Criterion Collection reissues R. Crumb documentary with special features


15 Responses to “Criterion Collection reissues R. Crumb documentary with special features”

  1. Fletcherism says:

    I love R. Crumb and i LOVED this movie but it was the worst possible choice for a first-date movie ever.

  2. Ugly Canuck says:

    Here’s a review of the Criterion edition of Crumb from DVD Savant:

  3. Ugly Canuck says:

    Don’t forget Criterion’s release of the other Zwigoff doc, “Louie Bluie”:

    Only unlike their “Crumb” release, this one is dvd-only – no blu-ray option.

  4. st vincent says:

    Crumb ranks as one of my favorite films in any genre. I rarely spring for my own DVD copy of films, but this edition certainly sounds like it’d be worth having.

    I’d not read anything about Crumb before seeing it the first time and was anticipating more of a examination of his work and its cultural impact. What the movie was ultimately about was ten times more interesting that that. By the time it was through, I’d gone from thinking R. was likely the odd duck of his family to thinking that he was far and away the most well-adjusted and whole!

    Thanks for the tip on the new release!

  5. johnofjack says:

    That is a great documentary. I’m glad to see it get the Criterion treatment.

  6. frankieboy says:

    I remember seeing this years ago, and thinking R. Crumb is a survivor. God only knows what went on in that madhouse he grew up in. His two unfortunate brothers didn’t make it. And if I remember right, he has a sister, (or two?) that were not interviewed. The film provides a disturbing look into the early harsh conditions that shaped a brilliant artist.
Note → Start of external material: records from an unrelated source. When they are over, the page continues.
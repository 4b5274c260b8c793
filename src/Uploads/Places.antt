-- ===== src/Uploads/Places.antt =====
-- The operations on upload tasks that leave the semaphore alone
-- (src/thumbelina/rag/pipeline/upload_tasks.py).
use thumbelina.Prelude.{
  String, Bool, Option, none, some, List, [], ◌∷◌, Dict, lookup, if_both, ◌≡◌, refl, ◌∙◌,
}
use thumbelina.Uploads.{
  UploadTask, UploadTaskManager, is_terminal, is_pending, remove_found, cancel_active, cancel_found,
  cancel, cancel_each, change_active, result_found,
}

pub change_active-permits :
    (f : UploadTask → UploadTask) (id : String) (o : Option UploadTask) (s : UploadTaskManager)
    → (change_active f id o s).permits ≡ s.permits
unfolding change_active
change_active-permits f id none s = refl
change_active-permits f id (some t) s =
    if_both (λ (m : UploadTaskManager). m.permits ≡ s.permits) (is_terminal t.status) refl refl

pub result_found-permits :
    (id : String) (r : Dict String) (o : Option UploadTask) (s : UploadTaskManager)
    → (result_found id r o s).permits ≡ s.permits
unfolding result_found
result_found-permits id r none s = refl
result_found-permits id r (some t) s = refl

pub remove_found-permits :
    (id : String) (o : Option UploadTask) (s : UploadTaskManager)
    → (remove_found id o s).1.permits ≡ s.permits
unfolding remove_found
remove_found-permits id none s = refl
remove_found-permits id (some t) s = refl

pub cancel_found-permits :
    (id : String) (o : Option UploadTask) (s : UploadTaskManager)
    → (cancel_found id o s).1.permits ≡ s.permits
unfolding cancel_found cancel_active
cancel_found-permits id none s = refl
cancel_found-permits id (some t) s =
    if_both (λ (r : Bool × UploadTaskManager). r.1.permits ≡ s.permits) (is_terminal t.status) refl
      (if_both (λ (m : UploadTaskManager). m.permits ≡ s.permits) (is_pending t.status) refl refl)

pub cancel_each-permits :
    (ids : List String) (s : UploadTaskManager) → (cancel_each ids s).1.permits ≡ s.permits
unfolding cancel_each cancel
cancel_each-permits [] s = refl
cancel_each-permits (id ∷ ids) s =
    cancel_each-permits ids (cancel id s).1 ∙ cancel_found-permits id (lookup id s.tasks) s
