-- ===== src/Uploads/Idle.antt =====
-- The changes of the table of upload tasks that start no task
-- (src/thumbelina/rag/pipeline/upload_tasks.py).
use mathlib.Core.Path.{subst}
use thumbelina.Prelude.{
  String, Bool, true, false, Option, none, some, List, [], ◌∷◌, Dict, lookup, insert, pop,
  lookup-insert, lookup-pop, str_eq, eq_iff, if_both, if_known, ◌≡◌, sym, ap, ◌∙◌, inl, inr, arith,
}
use thumbelina.Uploads.{
  UploadStatus, UploadTask, UploadTaskManager, is_terminal, is_pending, evict_finished,
  remove_found, cancel_active, cancel_found, cancel, cancel_each, change_active, result_found,
}
use thumbelina.Uploads.Table.{evict_finished_kept}

unfoldable pub is_running : UploadStatus → Bool
is_running UploadStatus.running = true
is_running _ = false

unfoldable pub runs_in : Option UploadTask → Bool
runs_in none = false
runs_in (some t) = is_running t.status

-- whether the task of the id runs
abbrev pub runs : String → Dict UploadTask → Bool
runs x d = runs_in (lookup x d)

-- a change of the table that starts no task
abbrev pub Quiet : Dict UploadTask → Dict UploadTask → Type 0
Quiet d d' = (x : String) → runs x d' ≡ true → runs x d ≡ true

pub insert-Quiet :
    (id : String) (v : UploadTask) (d : Dict UploadTask)
    → (is_running v.status ≡ true → runs id d ≡ true)
    → Quiet d (insert id v d)
unfolding runs_in
insert-Quiet id v d h x r =
    if_known (λ (o : Option UploadTask). runs_in o ≡ true → runs x d ≡ true) (str_eq id x)
      (λ same e. subst (λ k. runs k d ≡ true) ((eq_iff id x).0 same) (h e)) (λ other e. e)
      (ap runs_in (sym (lookup-insert id x v d)) ∙ r)

pub pop-Quiet : (id : String) (d : Dict UploadTask) → Quiet d (pop id d)
unfolding runs_in
pop-Quiet id d x r =
    if_both (λ (o : Option UploadTask). runs_in o ≡ true → runs x d ≡ true) (str_eq id x) (λ e. cc)
      (λ e. e) (ap runs_in (sym (lookup-pop id x d)) ∙ r)

pub evict_finished-Quiet : (d : Dict UploadTask) → Quiet d (evict_finished d)
unfolding runs_in
evict_finished-Quiet d x r = elim (evict_finished_kept x d) [
  | inl same ↦ ap runs_in (sym same) ∙ r
  | inr gone ↦ ground (arith, ap runs_in gone, r)
]

-- an update of the object at an id that starts nothing
at_id :
    (id : String) (t v : UploadTask) (d : Dict UploadTask)
    → lookup id d ≡ some t
    → (is_running v.status ≡ true → is_running t.status ≡ true)
    → Quiet d (insert id v d)
unfolding runs_in
at_id id t v d e h = insert-Quiet id v d (λ r. ap runs_in e ∙ h r)

pub change_active-Quiet :
    (f : UploadTask → UploadTask) (id : String) (o : Option UploadTask) (s : UploadTaskManager)
    → lookup id s.tasks ≡ o
    → ((t : UploadTask) → is_running (f t).status ≡ true → is_running t.status ≡ true)
    → Quiet s.tasks (change_active f id o s).tasks
unfolding change_active
change_active-Quiet f id none s e h = λ x r. r
change_active-Quiet f id (some t) s e h =
    if_both (λ (s' : UploadTaskManager). Quiet s.tasks s'.tasks) (is_terminal t.status) (λ x r. r)
      (at_id id t (f t) s.tasks e (h t))

pub result_found-Quiet :
    (id : String) (r : Dict String) (o : Option UploadTask) (s : UploadTaskManager)
    → lookup id s.tasks ≡ o
    → Quiet s.tasks (result_found id r o s).tasks
unfolding result_found
result_found-Quiet id r none s e = λ x h. h
result_found-Quiet id r (some t) s e = at_id id t (record t { result = some r }) s.tasks e (λ h. h)

pub remove_found-Quiet :
    (id : String) (o : Option UploadTask) (s : UploadTaskManager)
    → Quiet s.tasks (remove_found id o s).1.tasks
unfolding remove_found
remove_found-Quiet id none s = λ x h. h
remove_found-Quiet id (some t) s = pop-Quiet id s.tasks

pub cancel_found-Quiet :
    (id : String) (o : Option UploadTask) (s : UploadTaskManager)
    → Quiet s.tasks (cancel_found id o s).1.tasks
unfolding cancel_found cancel_active is_running
cancel_found-Quiet id none s = λ x h. h
cancel_found-Quiet id (some t) s =
    let u : UploadTask = record t { status = UploadStatus.cancelled; stage = "done" } in
    if_both (λ (r : Bool × UploadTaskManager). Quiet s.tasks r.1.tasks) (is_terminal t.status)
      (λ x h. h)
      (if_both (λ (s' : UploadTaskManager). Quiet s.tasks s'.tasks) (is_pending t.status)
        (λ x h.
          insert-Quiet id u s.tasks (λ g. cc) x (evict_finished-Quiet (insert id u s.tasks) x h))
        (λ x h. h))

pub cancel_each-Quiet :
    (ids : List String) (s : UploadTaskManager) → Quiet s.tasks (cancel_each ids s).1.tasks
unfolding cancel_each cancel
cancel_each-Quiet [] s x h = h
cancel_each-Quiet (id ∷ ids) s x h =
    cancel_found-Quiet id (lookup id s.tasks) s x (cancel_each-Quiet ids (cancel id s).1 x h)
I can see his art as something that helped him cope with the rough hand he was dealt.
    Where Mr. Rosenbaum sees a “family of reclusive eccentrics, some of the most remarkable people you’ll ever see…” I see dysfunction and pain.

    • Brainspore says:

      I remember watching it and thinking that Crumb’s sisters probably had it even worse than Robert and his brothers considering what life must have been like to be around that many adolescent males with such, ah, unconventional sexual predilections.

      Great documentary, brilliant artist. I recently read Crumb’s illustrated version of the Book of Genesis, it helped make a very archaic and often self-contradictory text much easier to parse.

  7. oyvinja says:

    One messed up family indeed.
    But I did love brother Maxon’s paintings, I think he’s possibly just as talented as Robert.
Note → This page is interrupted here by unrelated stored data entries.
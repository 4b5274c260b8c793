-- ===== src/Uploads/Workers.antt =====
-- The tasks that run are those that the workers work on, and the semaphore bounds the workers
-- (src/thumbelina/rag/pipeline/upload_tasks.py).
use thumbelina.Prelude.{
  ℕ, ◌+◌, ◌-◌, ◌<◌, String, Bool, true, false, not, ◌&&◌, Option, none, some, List, [], ◌∷◌, ◌++◌,
  lookup, insert, lookup-insert, length, length-append, contains, str_eq, eq_iff, eq_refl,
  if◌then◌else◌, if_both, if_known, ◌≡◌, refl, sym, ap, ◌∙◌, ◌⊎◌, inl, inr, arith, Bool-cases,
}
use thumbelina.Uploads.{
  UploadStatus, UploadTask, UploadTaskManager, Outcome, returned, was_cancelled, raised, status_of,
  error_of, is_terminal, is_pending, new_task, create, remove, cancel, active_in, cancel_by_kb,
  change_active, started, start_file, one_more, mark_file_done, progressed, update_progress,
  set_result, start_found, try_start, run_enter, finalized, finalize, run_end,
}
use thumbelina.Uploads.Places.{
  change_active-permits, result_found-permits, remove_found-permits, cancel_found-permits,
  cancel_each-permits,
}
use thumbelina.Uploads.Steps.{
  System, Step, Steps, entered, here, next, creates, removes, cancels, cancels_all, starts_file,
  marks_file, progresses, sets_result, run_waits, run_enters, run_ends,
}
use thumbelina.Uploads.History.{new_system}
use thumbelina.Uploads.Idle.{
  is_running, runs_in, runs, Quiet, insert-Quiet, evict_finished-Quiet, change_active-Quiet,
  result_found-Quiet, remove_found-Quiet, cancel_found-Quiet, cancel_each-Quiet,
}

-- the permits and the workers make up the places of the semaphore, and a worker works on each task
-- that runs
pub record IsStaffed (n : ℕ) (s : System) : Type 0 where
  pub places : s.manager.permits + length s.workers ≡ n
  pub worked_on : (x : String) → runs x s.manager.tasks ≡ true → contains s.workers x ≡ true

-- a step that starts nothing, and touches neither the semaphore nor the workers
Quiet-IsStaffed :
    {n : ℕ} {s : System} (m : UploadTaskManager)
    → Quiet s.manager.tasks m.tasks
    → m.permits ≡ s.manager.permits
    → IsStaffed n s
    → IsStaffed n (record s { manager = m })
Quiet-IsStaffed m q e h = record {
  places = omega (arith, h.places, e);
  worked_on = λ x r. h.worked_on x (q x r);
}

create-Quiet :
    (id kb_id kind label : String) (total_files now : ℕ) (s : UploadTaskManager)
    → Quiet s.tasks (create id kb_id kind label total_files now s).1.tasks
unfolding create is_running
create-Quiet id kb_id kind label total_files now s x h =
    let task = new_task id kb_id kind label total_files now s.next_event in
    insert-Quiet id task s.tasks (λ g. cc) x (evict_finished-Quiet (insert id task s.tasks) x h)

update_active :
    {n : ℕ} {s : System} (f : UploadTask → UploadTask) (id : String)
    → IsStaffed n s
    → ((t : UploadTask) → is_running (f t).status ≡ true → is_running t.status ≡ true)
    → IsStaffed n (record s { manager = change_active f id (lookup id s.manager.tasks) s.manager })
update_active {n} {s} f id h g =
    let o = lookup id s.manager.tasks in
    Quiet-IsStaffed (change_active f id o s.manager) (change_active-Quiet f id o s.manager refl g)
      (change_active-permits f id o s.manager) h

-- what a coroutine that gets the semaphore changes
abbrev Enters : String → UploadTaskManager → Bool × UploadTaskManager → Type 0
Enters id s r =
    (r.1.permits ≡ s.permits)
    × ((x : String)
        → runs x r.1.tasks ≡ true
        → (runs x s.tasks ≡ true) ⊎ ((r.0 && str_eq id x) ≡ true))

start_found-Enters :
    (id : String) (o : Option UploadTask) (s : UploadTaskManager) → Enters id s (start_found id o s)
unfolding start_found runs_in
start_found-Enters id none s = (refl, λ x r. inl r)
start_found-Enters id (some t) s =
    let u : UploadTask = record t { status = UploadStatus.running } in
    if_both (Enters id s) (is_pending t.status && not (s.is_set t.cancel_event))
      (refl, λ x r. ground (arith, lookup-insert id x u s.tasks, r)) (refl, λ x r. inl r)

terminal_idle : (status : UploadStatus) → is_terminal status ≡ true → is_running status ≡ false
unfolding is_terminal is_running
terminal_idle UploadStatus.pending h = refl
terminal_idle UploadStatus.running h = sym h
terminal_idle UploadStatus.completed h = refl
terminal_idle UploadStatus.failed h = refl
terminal_idle UploadStatus.cancelled h = refl

outcome_idle : (outcome : Outcome) → is_running (status_of outcome) ≡ false
unfolding is_running
outcome_idle returned = refl
outcome_idle was_cancelled = refl
outcome_idle (raised e) = refl

-- no task of the id runs after the end of its work
finalize-runs :
    (id : String) (outcome : Outcome) (o : Option UploadTask) (s : UploadTaskManager)
    → lookup id s.tasks ≡ o
    → runs id (change_active (finalized (status_of outcome) (error_of outcome)) id o s).tasks
      ≡ false
unfolding change_active runs_in finalized
finalize-runs id outcome none s e = ap runs_in e
finalize-runs id outcome (some t) s e =
    let u = finalized (status_of outcome) (error_of outcome) t in
    if_known (λ (m : UploadTaskManager). runs id m.tasks ≡ false) (is_terminal t.status)
      (λ h. ap runs_in e ∙ terminal_idle t.status h)
      (λ h.
        ap runs_in (lookup-insert id id u s.tasks)
        ∙ ground (arith, eq_refl id, outcome_idle outcome))

contains-middle :
    (x id : String) (before after : List String)
    → str_eq id x ≡ false
    → contains (before ++ id ∷ after) x ≡ contains (before ++ after) x
contains-middle x id [] after h = ground (arith, h)
contains-middle x id (y ∷ before) after h = ground (arith, contains-middle x id before after h)

run_enter-IsStaffed :
    {n : ℕ} {s : System} (id : String) (waiting : List String)
    → 0 < s.manager.permits
    → IsStaffed n s
    → IsStaffed n (entered (run_enter id s.manager) id waiting s)
unfolding run_enter try_start
run_enter-IsStaffed {n} {s} id waiting k h =
    staffed (start_found id (lookup id s.manager.tasks) s.manager)
      (start_found-Enters id (lookup id s.manager.tasks) s.manager)
  where
    staffed :
        (r : Bool × UploadTaskManager)
        → Enters id s.manager r
        → IsStaffed n (
            entered
              (r.0, if r.0 then record r.1 { permits = r.1.permits - 1 } else r.1)
              id
              waiting
              s)
    staffed (true, m) (p, e) = record {
      places = omega (arith, h.places, k, p);
      worked_on = λ x r. ground (arith, e x r, h.worked_on x);
    }
    staffed (false, m) (p, e) = record {
      places = omega (arith, h.places, p);
      worked_on = λ x r. ground (arith, e x r, h.worked_on x);
    }

run_end-IsStaffed :
    {n : ℕ} {s : System} (id : String) (before after : List String) (outcome : Outcome)
    → s.workers ≡ before ++ id ∷ after
    → IsStaffed n s
    → IsStaffed n (record s { manager = run_end id outcome s.manager; workers = before ++ after })
unfolding run_end finalize finalized
run_end-IsStaffed {n} {s} id before after outcome w h =
    let f = finalized (status_of outcome) (error_of outcome) in
    let o = lookup id s.manager.tasks in
    let quiet : Quiet s.manager.tasks (change_active f id o s.manager).tasks =
      change_active-Quiet f id o s.manager refl (λ t g. ground (arith, outcome_idle outcome, g)) in
    record {
      places = omega (
        arith,
        h.places,
        ap length w,
        length-append before (id ∷ after),
        length-append before after,
        change_active-permits f id o s.manager,
      );
      worked_on = λ x r. elim (Bool-cases (str_eq id x)) [
        | inl same ↦ ground (
          arith,
          finalize-runs id outcome o s.manager refl,
          r,
          ap (λ k. runs k (change_active f id o s.manager).tasks) ((eq_iff id x).0 same),
        )
        | inr other ↦
            sym (contains-middle x id before after other)
            ∙ ap (λ l. contains l x) (sym w)
            ∙ h.worked_on x (quiet x r)
      ];
    }

Step-IsStaffed : {n : ℕ} {s s' : System} → Step s s' → IsStaffed n s → IsStaffed n s'
unfolding create remove cancel cancel_by_kb start_file mark_file_done update_progress set_result
    started one_more progressed
Step-IsStaffed {n} {s} (creates id kb_id kind label total_files now e) h =
    let m = s.manager in
    Quiet-IsStaffed (create id kb_id kind label total_files now m).1
      (create-Quiet id kb_id kind label total_files now m) refl h
Step-IsStaffed {n} {s} (removes id) h =
    let m = s.manager in
    let o = lookup id m.tasks in
    Quiet-IsStaffed (remove id m).1 (remove_found-Quiet id o m) (remove_found-permits id o m) h
Step-IsStaffed {n} {s} (cancels id) h =
    let m = s.manager in
    let o = lookup id m.tasks in
    Quiet-IsStaffed (cancel id m).1 (cancel_found-Quiet id o m) (cancel_found-permits id o m) h
Step-IsStaffed {n} {s} (cancels_all kb_id) h =
    let m = s.manager in
    let ids = active_in kb_id m.tasks in
    Quiet-IsStaffed (cancel_by_kb kb_id m).1 (cancel_each-Quiet ids m) (cancel_each-permits ids m) h
Step-IsStaffed {n} {s} (starts_file id index filename) h =
    let f = started index filename in update_active f id h (λ t r. r)
Step-IsStaffed {n} {s} (marks_file id) h = update_active one_more id h (λ t r. r)
Step-IsStaffed {n} {s} (progresses id e) h = update_active (progressed e) id h (λ t r. r)
Step-IsStaffed {n} {s} (sets_result id r) h =
    let m = s.manager in
    let o = lookup id m.tasks in
    Quiet-IsStaffed (set_result id r m) (result_found-Quiet id r o m refl)
      (result_found-permits id r o m) h
Step-IsStaffed {n} {s} (run_waits id e) h = record { places = h.places; worked_on = h.worked_on }
Step-IsStaffed {n} {s} (run_enters id before after e k) h =
    run_enter-IsStaffed id (before ++ after) k h
Step-IsStaffed {n} {s} (run_ends id before after outcome w) h =
    run_end-IsStaffed id before after outcome w h

Steps-IsStaffed : {n : ℕ} {s s' : System} → Steps s s' → IsStaffed n s → IsStaffed n s'
Steps-IsStaffed here h = h
Steps-IsStaffed (next r st) h = Step-IsStaffed st (Steps-IsStaffed r h)

new_system-IsStaffed : (n : ℕ) → IsStaffed n (new_system n)
unfolding runs_in lookup
new_system-IsStaffed n = record { places = omega arith; worked_on = λ x r. cc }

-- With a semaphore of n places, in every state that any sequence of steps leads to from a new
-- manager: the free places and the coroutines that work are n together, and one of these works on
-- each task of the table that is RUNNING.
pub running_is_worked_on :
    (n : ℕ) (s : System)
    → Steps (new_system n) s
    → (s.manager.permits + length s.workers ≡ n)
      × ((x : String) (t : UploadTask)
          → lookup x s.manager.tasks ≡ some t
          → t.status ≡ UploadStatus.running
          → contains s.workers x ≡ true)
unfolding is_running runs_in
running_is_worked_on n s r =
    let h = Steps-IsStaffed r (new_system-IsStaffed n) in
    (h.places, λ x t e st. h.worked_on x (ap runs_in e ∙ ap is_running st))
  8. Miss Pam From T-Town says:

    This is, indeed, the best documentary I’ve ever seen. Extraordinary directing. The best.


    It’s an outstanding film and I can’t wait to see the extras. True American eccentrics are so rate these days. We should celebrate them.

  10. k386 says:

    I recently came across a BBC documentary on Crumb called ‘Confessions of Robert Crumb’ which gives a vastly different portrait of him. He was way more engaged and .. I don’t know, happy than he was portrayed in Crumb.

    Crumb is still amazing, and I’ll lend my words to agree that it’s my favorite documentary.

  11. lewis stoole says:

    this movie gave me newfound respect and awe for the wonderful world of string!

    thanks robert crumb!

    thanks terry zwigoff!

    thanks criterion!

    i eagerly await to see what new commentary is made about this and other topics of interest.

  12. Bionicrat2 says:

    The autobiographical comic (aka graphic memoir) by Crumb’s wife, Aline Kominsky-Crumb, is a nice compliment to this film. Events such as the move to France are covered in greater detail and you get to learn more about what happened over their next 10 years of living there.

    It’s also just a fantastic work about a very interesting artist and personality (meaning Crumb’s wife Aline).

  13. Anonymous says:

    Much more daring and interesting would be an inclusion of commentary from Crumb himself. From what I recall of articles I’ve read over the past ten years, Crumb was somewhat critical of his portrayal–in fact, his descriptions made Zwigoff appear to be the somewhat unstable and desperate one, and that Crumb did the documentary in part out of feeling sorry for Zwigoff.

    Of course, this may be post-documentaried (documented? documenteed?) regret from Crumb, but it would be fascinating if his viewpoint and reflections were included in the re-released version (assuming he’d even want to cooperate).